• **TASK GOAL**: Check which lines in the records hold "more" and report how many there are, with no other text.

□ □ □

-- ===== src/Collect/Timer/Sampled.antt =====
-- What a collection adds to the history (src/ngx_http_monitoring_collectors.c).
use ngx_http_monitoring_modu.Prelude.{
  ℕ, ◌+◌, ◌-◌, ◌^◌, ◌<◌, ◌≡◌, refl, sym, ap, ap₂, ◌∙◌, arith, true, false, ◌⊎◌, inl, inr, [], ◌∷◌,
  ◌++◌, drop, length,
}
use ngx_http_monitoring_modu.State.{ShCtx, HistorySample}
use ngx_http_monitoring_modu.Http.{MainConf, Process}
use ngx_http_monitoring_modu.History.{
  DoubleOps, json_history, is_early, new_sample, average, collect_history,
}
use ngx_http_monitoring_modu.History.Laws.{IsRing}
use ngx_http_monitoring_modu.History.Samples.{Appends, collect_history-Appends}
use ngx_http_monitoring_modu.Collect.Libc.{Libc}
use ngx_http_monitoring_modu.Collect.Timer.{leave}
use ngx_http_monitoring_modu.Collect.Timer.Views.{Former, former}

module _ {Double : Type 0} (z : HistorySample Double) where
  json_history-former :
      (a b : ShCtx Double) → former a ≡ former b → json_history z a ≡ json_history z b
  unfolding json_history
  json_history-former a b e =
      ap
        (λ (f : Former Double). json_history z (record a {
          history_write = f.history_write;
          history_count = f.history_count;
          history_capacity = f.history_capacity;
          history = f.history;
        }))
        e

  IsRing-former : (a b : ShCtx Double) → former a ≡ former b → IsRing b → IsRing a
  IsRing-former a b e ring =
      let s = ap (λ (f : Former Double). f.history) e in
      let c = ap (λ (f : Former Double). f.history_capacity) e in
      let n = ap (λ (f : Former Double). f.history_count) e in
      record {
        size = ap length s ∙ ring.size;
        capacity_pos = omega (arith, c, ring.capacity_pos);
        capacity_le = omega (arith, c, ring.capacity_le);
        count_le = omega (arith, n, c, ring.count_le);
      }

  Appends-former :
      (a b x : ShCtx Double) (s : HistorySample Double)
      → former a ≡ former b
      → Appends z a x s
      → Appends z b x s
  Appends-former a b x s e (ring, h) = (
    ring,
    h
        ∙ ap₂ (λ n xs. drop n xs ++ s ∷ [])
            (ap (λ (f : Former Double). f.history_count + 1 - f.history_capacity) e)
            (json_history-former a b e),
  )

  module _ (libc : Libc Double) (ops : DoubleOps Double) (scaled : ℕ → ℕ → ℕ) (conf : MainConf)
      (p : Process) where
    is_early-former :
        (a b : ShCtx Double)
        → former a ≡ former b
        → is_early ops scaled conf p a ≡ is_early ops scaled conf p b
    unfolding is_early
    is_early-former a b e =
        ap
          (λ (f : Former Double).
            is_early ops scaled conf p (record a { prev_history_msec = f.prev_history_msec }))
          e

    -- Within `resolution` milliseconds of the last sample the reader gets the samples of `sh` from
    -- `ran`; later, the sample of the measured zone `m` comes behind them, less the oldest one if the
    -- ring was full.
    abbrev pub Samples : ShCtx Double → ShCtx Double → ShCtx Double → Type 0
    Samples sh m ran =
        ((is_early ops scaled conf p sh ≡ true) × (json_history z ran ≡ json_history z sh))
        ⊎ ((is_early ops scaled conf p sh ≡ false)
            × Appends z sh ran (new_sample ops scaled conf p (average ops scaled conf p m)))

    -- The end of the collection, after the history.
    leave-Appends :
        (m : ShCtx Double) (s : HistorySample Double)
        → Appends z m (collect_history ops scaled conf p m) s
        → Appends z m (leave libc ops scaled conf p m) s
    unfolding leave json_history
    leave-Appends m s (ring, e) = (
      record {
        size = ring.size;
        capacity_pos = ring.capacity_pos;
        capacity_le = ring.capacity_le;
        count_le = ring.count_le;
      },
      e,
    )

    leave-json_history :
        (m : ShCtx Double)
        → json_history z (leave libc ops scaled conf p m)
          ≡ json_history z (collect_history ops scaled conf p m)
    unfolding leave json_history
    leave-json_history m = refl

    pub leave-Samples :
        (sh m : ShCtx Double)
        → former m ≡ former sh
        → IsRing sh
        → sh.history_write + 1 < 2 ^ 63
        → Samples sh m (leave libc ops scaled conf p m)
    leave-Samples sh m e ring bound =
        let w = ap (λ (f : Former Double). f.history_write) e in
        elim (collect_history-Appends z ops scaled conf p m (IsRing-former m sh e ring)
          (omega (arith, w, bound))) [
            | inl (b, k) ↦ inl (
              sym (is_early-former m sh e) ∙ b,
              leave-json_history m ∙ ap (json_history z) k ∙ json_history-former m sh e,
            )
            | inr (b, a) ↦ inr (
              sym (is_early-former m sh e) ∙ b,
              Appends-former m sh (leave libc ops scaled conf p m) _ e (leave-Appends m _ a),
            )
          ]
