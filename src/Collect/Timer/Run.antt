-- ===== src/Collect/Timer/Run.antt =====
-- One run of the timer's handler (src/ngx_http_monitoring_collectors.c).
use ngx_http_monitoring_modu.Prelude.{
  ℕ, ◌+◌, ◌^◌, ◌<◌, ◌≡◌, ◌≢◌, refl, sym, ap, ◌∙◌, Bool, true, false, Bool-cases, ◌⊎◌, inl, inr,
  ◌==◌, if◌then◌else◌, not, ◌&&◌, List, some, none, codes, add_word,
}
use ngx_http_monitoring_modu.State.{ShCtx, HistorySample}
use ngx_http_monitoring_modu.Http.{MainConf, Process}
use ngx_http_monitoring_modu.History.{
  DoubleOps, collect_history, average, push_sample, keep_totals, is_early,
}
use ngx_http_monitoring_modu.History.Laws.{IsRing}
use ngx_http_monitoring_modu.Collect.Libc.{Libc, read_text}
use ngx_http_monitoring_modu.Collect.Timer.{Collector, enter, gather, leave, if_entered, collect}
use ngx_http_monitoring_modu.Collect.Timer.Kept.{Keeps, gather-KeepsLock, enter-cases}
use ngx_http_monitoring_modu.Collect.Timer.Views.{tables_of, former, refreshed, KeepsStored}
use ngx_http_monitoring_modu.Collect.Timer.Gathers.{
  enter-KeepsStored, leave-tables_of, leave-system, gather-tables_of, gather-former,
}
use ngx_http_monitoring_modu.Collect.Timer.Sampled.{Samples, leave-Samples}

module _ {Double : Type 0} (libc : Libc Double) (ops : DoubleOps Double) (scaled : ℕ → ℕ → ℕ)
    (conf : MainConf) (p : Process) where
  collect_history-generation :
      (sh : ShCtx Double) → (collect_history ops scaled conf p sh).generation ≡ sh.generation
  unfolding collect_history average push_sample keep_totals
  collect_history-generation sh = elim (Bool-cases (is_early ops scaled conf p sh)) [
    | inl b ↦ rw (b) refl
    | inr b ↦ rw (b) refl
  ]

  leave-sse_clients :
      (sh : ShCtx Double)
      → (leave libc ops scaled conf p sh).connections.sse_clients ≡ sh.connections.sse_clients
  unfolding leave collect_history average push_sample keep_totals
  leave-sse_clients sh = elim (Bool-cases (is_early ops scaled conf p sh)) [
    | inl b ↦ rw (b) refl
    | inr b ↦ rw (b) refl
  ]

  leave-generation :
      (sh : ShCtx Double) → (leave libc ops scaled conf p sh).generation ≡ add_word sh.generation 1
  unfolding leave
  leave-generation sh = ap (λ x. add_word x 1) (collect_history-generation sh)

  leave-lock : (sh : ShCtx Double) → (leave libc ops scaled conf p sh).collector_lock ≡ 0
  unfolding leave
  leave-lock sh = refl

  enter-generation :
      (sh : ShCtx Double) → (enter libc ops scaled conf p sh).1.generation ≡ sh.generation
  unfolding enter
  enter-generation sh = elim (Bool-cases (sh.collector_lock == 0)) [
    | inl b ↦ rw (b) refl
    | inr b ↦ rw (b) refl
  ]

  -- What a collection by `ran` does, if it reads these texts: the lock is free again, the generation
  -- is one more, the tables that the configuration asks for are refreshed, and the history gets its
  -- sample from a measured zone `m` with the system metrics and the tables of `ran`, and with the
  -- requests and the former totals of `sh`.
  abbrev pub Collects :
      HistorySample Double → List ℕ → List ℕ → List (List ℕ) → ShCtx Double → ShCtx Double → Type 0
  Collects z net disks mounts sh ran =
      (ran.collector_lock ≡ 0)
      × (ran.generation ≡ add_word sh.generation 1)
      × (tables_of ran ≡ refreshed libc conf net disks mounts (tables_of sh))
      × (m : ShCtx Double) × ((tables_of m ≡ tables_of ran)
          × (m.system ≡ ran.system)
          × (former m ≡ former sh)
          × Samples z libc ops scaled conf p sh m ran)

  module _ (z : HistorySample Double) (net disks : List ℕ) (mounts : List (List ℕ))
      (e1 : read_text libc (codes "/proc/net/dev") 32768 ≡ some net)
      (e2 : read_text libc (codes "/proc/diskstats") 65536 ≡ some disks)
      (e3 : libc.file_lines (codes "/proc/mounts") 4096 ≡ some mounts) (sh : ShCtx Double)
      (ring : IsRing sh) (bound : sh.history_write + 1 < 2 ^ 63) where
    -- The collection of a worker that has got the lock in `sh'`.
    inside-Collects :
        (sh' : ShCtx Double)
        → sh'.generation ≡ sh.generation
        → KeepsStored sh sh'
        → Collects z net disks mounts sh
            (leave libc ops scaled conf p (gather libc ops scaled conf p sh'))
    inside-Collects sh' g (t, f) =
        let m = gather libc ops scaled conf p sh' in
        let f' = gather-former libc ops scaled conf p net disks mounts e1 e2 e3 sh' ∙ f in
        let left = leave-tables_of libc ops scaled conf p m in
        (
          leave-lock m,
          leave-generation m
              ∙ ap (λ x. add_word x 1) ((gather-KeepsLock libc ops scaled conf p sh').1 ∙ g),
          left
              ∙ gather-tables_of libc ops scaled conf p net disks mounts e1 e2 e3 sh'
              ∙ ap (refreshed libc conf net disks mounts) t,
          m,
          (
            sym left,
            sym (leave-system libc ops scaled conf p m),
            f',
            leave-Samples z libc ops scaled conf p sh m f' ring bound,
          ),
        )

    ran-cases :
        (e : Bool × ShCtx Double)
        → e.1.generation ≡ sh.generation
        → KeepsStored sh e.1
        → ((sh.collector_lock ≡ 0) × (e.0 ≡ true) × (e.1.collector_lock ≡ p.pid))
          ⊎ ((sh.collector_lock ≢ 0) × (e.0 ≡ false) × Keeps sh e.1)
        → ((sh.collector_lock ≡ 0)
            × Collects z net disks mounts sh (if_entered libc ops scaled conf p e))
          ⊎ ((sh.collector_lock ≢ 0) × Keeps sh (if_entered libc ops scaled conf p e))
    ran-cases (true, sh') g k (inl (f, t, l)) = inl (f, inside-Collects sh' g k)
    ran-cases (true, sh') g k (inr (f, t, l)) = cc
    ran-cases (false, sh') g k (inl (f, t, l)) = cc
    ran-cases (false, sh') g k (inr (f, t, l)) = inr (f, l)

    -- One run of the timer's handler, with the files of the tables there, a well formed ring and
    -- fewer than 2^63 - 1 samples written. The timer is set again with the refresh interval exactly
    -- if the process is not exiting and its collector is active, which it stays. With the lock free,
    -- the worker collects: the lock is free again and the generation is one more; each table that the
    -- configuration asks for has what the accepted lines of its file give, and the others are as they
    -- were; and unless `resolution` milliseconds have not gone by since the last sample, in which case
    -- a reader gets the same samples, a new sample comes behind the ones that were kept, less the
    -- oldest one if the ring was full. It is computed from the system metrics and tables that the run
    -- leaves, and from the requests, averages and former totals before it. With the lock taken, the
    -- lock, the generation and all that collections write but the count of the samples are as they
    -- were.
    pub collect-cases :
        (exiting : Bool) (c : Collector)
        → (ran : ShCtx Double) × (collect libc ops scaled conf p exiting c (some sh) ≡ (
          record {
            active = c.active;
            timer = if not exiting && c.active then some conf.refresh_interval else none;
          },
          some ran,
        ))
          × (((sh.collector_lock ≡ 0) × Collects z net disks mounts sh ran)
              ⊎ ((sh.collector_lock ≢ 0) × Keeps sh ran))
    unfolding collect
    collect-cases exiting c =
        let e = enter libc ops scaled conf p sh in
        (
          if_entered libc ops scaled conf p e,
          refl,
          ran-cases e (enter-generation sh) (enter-KeepsStored libc ops scaled conf p sh)
              (enter-cases libc ops scaled conf p sh),
        )

  if_entered-sse_clients :
      (e : Bool × ShCtx Double)
      → (if_entered libc ops scaled conf p e).connections.sse_clients ≡ e.1.connections.sse_clients
  if_entered-sse_clients (true, sh) =
      leave-sse_clients _ ∙ (gather-KeepsLock libc ops scaled conf p sh).2
  if_entered-sse_clients (false, sh) = refl

  enter-sse_clients :
      (sh : ShCtx Double)
      → (enter libc ops scaled conf p sh).1.connections.sse_clients ≡ sh.connections.sse_clients
  unfolding enter
  enter-sse_clients sh = elim (Bool-cases (sh.collector_lock == 0)) [
    | inl b ↦ rw (b) refl
    | inr b ↦ rw (b) refl
  ]

  pub collected-sse_clients :
      (sh : ShCtx Double)
      → (if_entered libc ops scaled conf p
          (enter libc ops scaled conf p sh)).connections.sse_clients
        ≡ sh.connections.sse_clients
  collected-sse_clients sh = if_entered-sse_clients _ ∙ enter-sse_clients sh
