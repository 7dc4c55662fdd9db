-- ===== src/Endpoint.antt =====
-- `ngx_http_monitoring_endpoint_e` (src/ngx_http_monitoring.h) and
-- `ngx_http_monitoring_match_endpoint` (src/ngx_http_monitoring_module.c).
pub mod Laws
use ngx_http_monitoring_modu.Prelude.{
  ℕ, Bool, ◌&&◌, List, [], ◌∷◌, length, String, codes, strncmp_eq, ◌==◌, if◌then◌else◌,
}

pub data Endpoint : Type 0 where
  ep_none dashboard api_full api_system api_nginx api_network api_disk : Endpoint
  api_processes api_upstreams api_connections api_requests live prometheus health : Endpoint

-- One test of the function: the literal in `sizeof`, the literal that `ngx_strncmp` compares with, and
-- the endpoint that is returned.
pub record Route : Type 0 where
  pub sized : List ℕ
  pub compared : List ℕ
  pub endpoint : Endpoint

-- `u->len == sizeof(sized) - 1 && ngx_strncmp(u->data, compared, u->len) == 0`.
unfoldable pub is_at : Route → List ℕ → Bool
is_at row uri = length uri == length row.sized && strncmp_eq uri row.compared (length uri)

abbrev pub route : String → String → Endpoint → Route
route sized compared endpoint = record {
  sized = codes sized;
  compared = codes compared;
  endpoint = endpoint;
}

-- The tests in their order.
abbrev pub routes : List Route
routes =
    route "/monitor" "/monitor" dashboard
    ∷ route "/monitor/" "/monitor/" dashboard
    ∷ route "/monitor/live" "/monitor/live" live
    ∷ route "/monitor/metrics" "/monitor/metrics" prometheus
    ∷ route "/monitor/health" "/monitor/health" health
    ∷ route "/monitor/api" "/monitor/api" api_full
    ∷ route "/monitor/api/system" "/monitor/api/system" api_system
    ∷ route "/monitor/api/nginx" "/monitor/api/nginx" api_nginx
    ∷ route "/monitor/api/network" "/monitor/api/network" api_network
    ∷ route "/monitor/api/disk" "/monitor/api/disk" api_disk
    ∷ route "/monitor/api/processes" "/monitor/api/processes" api_processes
    ∷ route "/monitor/api/upstreams" "/monitor/api/upstreams" api_upstreams
    ∷ route "/monitor/api/connections" "/monitor/api/connections" api_connections
    ∷ route "/monitor/api/requests" "/monitor/api/requests" api_requests
    ∷ []

-- The chain of tests from one of them on.
pub match_from : List Route → List ℕ → Endpoint
match_from [] uri = ep_none
match_from (row ∷ rest) uri = if is_at row uri then row.endpoint else match_from rest uri

unfoldable pub match_endpoint : List ℕ → Endpoint
unfolding is_at match_from
match_endpoint uri = match_from routes uri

□ □ □

• **WRITTEN SOLUTION**: 2